Specification and programming of the germline for totipotency and development

Email: a.surani@gurdon.cam.ac.uk 

Affilation: Gurdon Institute

 

Biography 

Azim Surani was born in Kenya and received PhD in 1975 at Cambridge University under Professor Sir Robert Edwards FRS (Nobel Laureate, 2010). Joined the Babraham Institute in 1979 and discovered Genomic Imprinting in 1984 and subsequently, novel imprinted genes and their functions, with mechanisms through establishment and erasure of DNA methylation.  He was elected the Marshall-Walton Professor (1992), and Director of Germline and Epigenomics Research  (2013) at Cambridge University.  

He has recently established the genetic basis for germ cell specification and epigenetic programming. He was elected a Fellow of the Royal Society (1990) and Fellow of the Academy of Medical Sciences (2001) He was awarded a Royal Medal in 2010 and in 2014 McEwan Award for Innovation, The International Society for Stem Cell Research. 

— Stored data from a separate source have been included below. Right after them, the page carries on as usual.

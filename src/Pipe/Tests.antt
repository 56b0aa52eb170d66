-- ===== src/Pipe/Tests.antt =====
-- Tests of the pipe, and its theorems at a pipe whose counters are about to wrap.
use xv6_riscv_private.Common.{
  ℕ, ◌+◌, ◌-◌, ◌^◌, ◌≤◌, ◌≡◌, refl, true, false, Option, some, arith, [], ◌∷◌,
}
use xv6_riscv_private.Pipe.{Pipe, write_loop, read_loop, push, pull, is_empty, is_full, piperead}
use xv6_riscv_private.Pipe.Ring.{IsPipe}
use xv6_riscv_private.Pipe.Flow.{Wrote, Why, write_loop_lem, Read, read_loop_lem}

abbrev wrap : ℕ
wrap = 2 ^ 32 - 1

abbrev drained : Pipe
drained = record {
  data_at = λ j. 7;
  nread = wrap;
  nwrite = wrap;
  readopen = true;
  writeopen = true;
}

drained-IsPipe : IsPipe (λ j. 7) wrap wrap drained
drained-IsPipe = record {
  behind = omega arith;
  fits = omega arith;
  nread = refl;
  nwrite = refl;
  bytes = λ j lo hi. refl;
}

abbrev text : ℕ → Option ℕ
text a = some (a + 1)

write_loop_lem_example :
    (m : ℕ) × (s' : ℕ → ℕ) × (m ≤ 2)
    × ((write_loop 2 0 text 100 false drained).0 ≡ 0 + m)
    × Wrote text (100 + 0) (λ j. 7) wrap wrap m s' (write_loop 2 0 text 100 false drained).1
    × Why text 100 0 2 wrap wrap m false true (write_loop 2 0 text 100 false drained).2
write_loop_lem_example = write_loop_lem 2 0 text 100 false drained (λ j. 7) wrap wrap drained-IsPipe

abbrev filled : Pipe
filled = record { data_at = λ j. 7; nread = wrap; nwrite = 1; readopen = true; writeopen = true }

filled-IsPipe : IsPipe (λ j. 7) wrap (wrap + 2) filled
filled-IsPipe = record {
  behind = omega arith;
  fits = omega arith;
  nread = refl;
  nwrite = refl;
  bytes = λ j lo hi. refl;
}

read_loop_lem_example :
    (m : ℕ) × (p : ℕ) × Read 5 0
      (λ a. true)
      100
      (λ j. 7)
      wrap
      (wrap + 2)
      m
      p
      (read_loop 5 0 (λ a. true) 100 filled).0
      (read_loop 5 0 (λ a. true) 100 filled).1
      (read_loop 5 0 (λ a. true) 100 filled).2
read_loop_lem_example =
    read_loop_lem 5 0 (λ a. true) 100 filled (λ j. 7) wrap (wrap + 2) filled-IsPipe

-- The two bytes written are read, and the third read finds the pipe empty.
through :
    (piperead 3 (λ a. true) 0 false (write_loop 2 0 text 100 false drained).1).0 ≡ 101 ∷ 102 ∷ []
unfolding piperead read_loop write_loop push is_empty is_full pull
through = refl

Azim is the Mary Marshall and Arthur Walton Professor of Physiology and Reproduction, and a member of the Physiology, Development and Neuroscience Department, University of Cambridge.

 

surani lab 2014

The transcriptional network for mouse primordial germ cell specification. Image: Erna Magnusdottir

 

Research

Specification of primordial germ cell (PGC) occurs after development of equipotent epiblast cells following their exit from naïve pluripotent state. These epiblast cells can give rise to both somatic and germ cells in vivo and in vitro.  Recent studies show that BLIMP1, PRDM14 and AP2g are necessary and sufficient for PGC specification.  This mutually interdependent tripartite genetic network is involved in the repression of the somatic program, the initiation of the germ cell program and re-expression of pluripotency genes in early germ cells.  The network also initiates sequential, orderly and dynamic epigenetic changes in histone modifications, reactivation of the X chromosome and comprehensive global DNA demethylation and imprints erasure.  These epigenetic changes are essential towards imprinting of functional differences between parental genomes and the establishment of the totipotent state, which follows after fertilisation and establishment of the zygote. Whereas a repressive complex maintains unipotency of germ cells, dedifferentiation of unipotent PGCs to pluripotent stem cells in vitro is accompanied by the reversal of the PGC specification process. Early germ cells also exhibit unprecedented genome-wide DNA demethylation and chromatin remodelling, which are essential towards the establishment of totipotency. We are gathering insight into the mechanisms involved in epigenetic programming in germ cells, and continuing to identify the key factors that are crucial at these times. 

We are interested in exploiting the knowledge gained from studies on germ cells by creating in vitro models for induced epigenetic reprogramming, and using these models towards attempts at rejuvenation of somatic cells.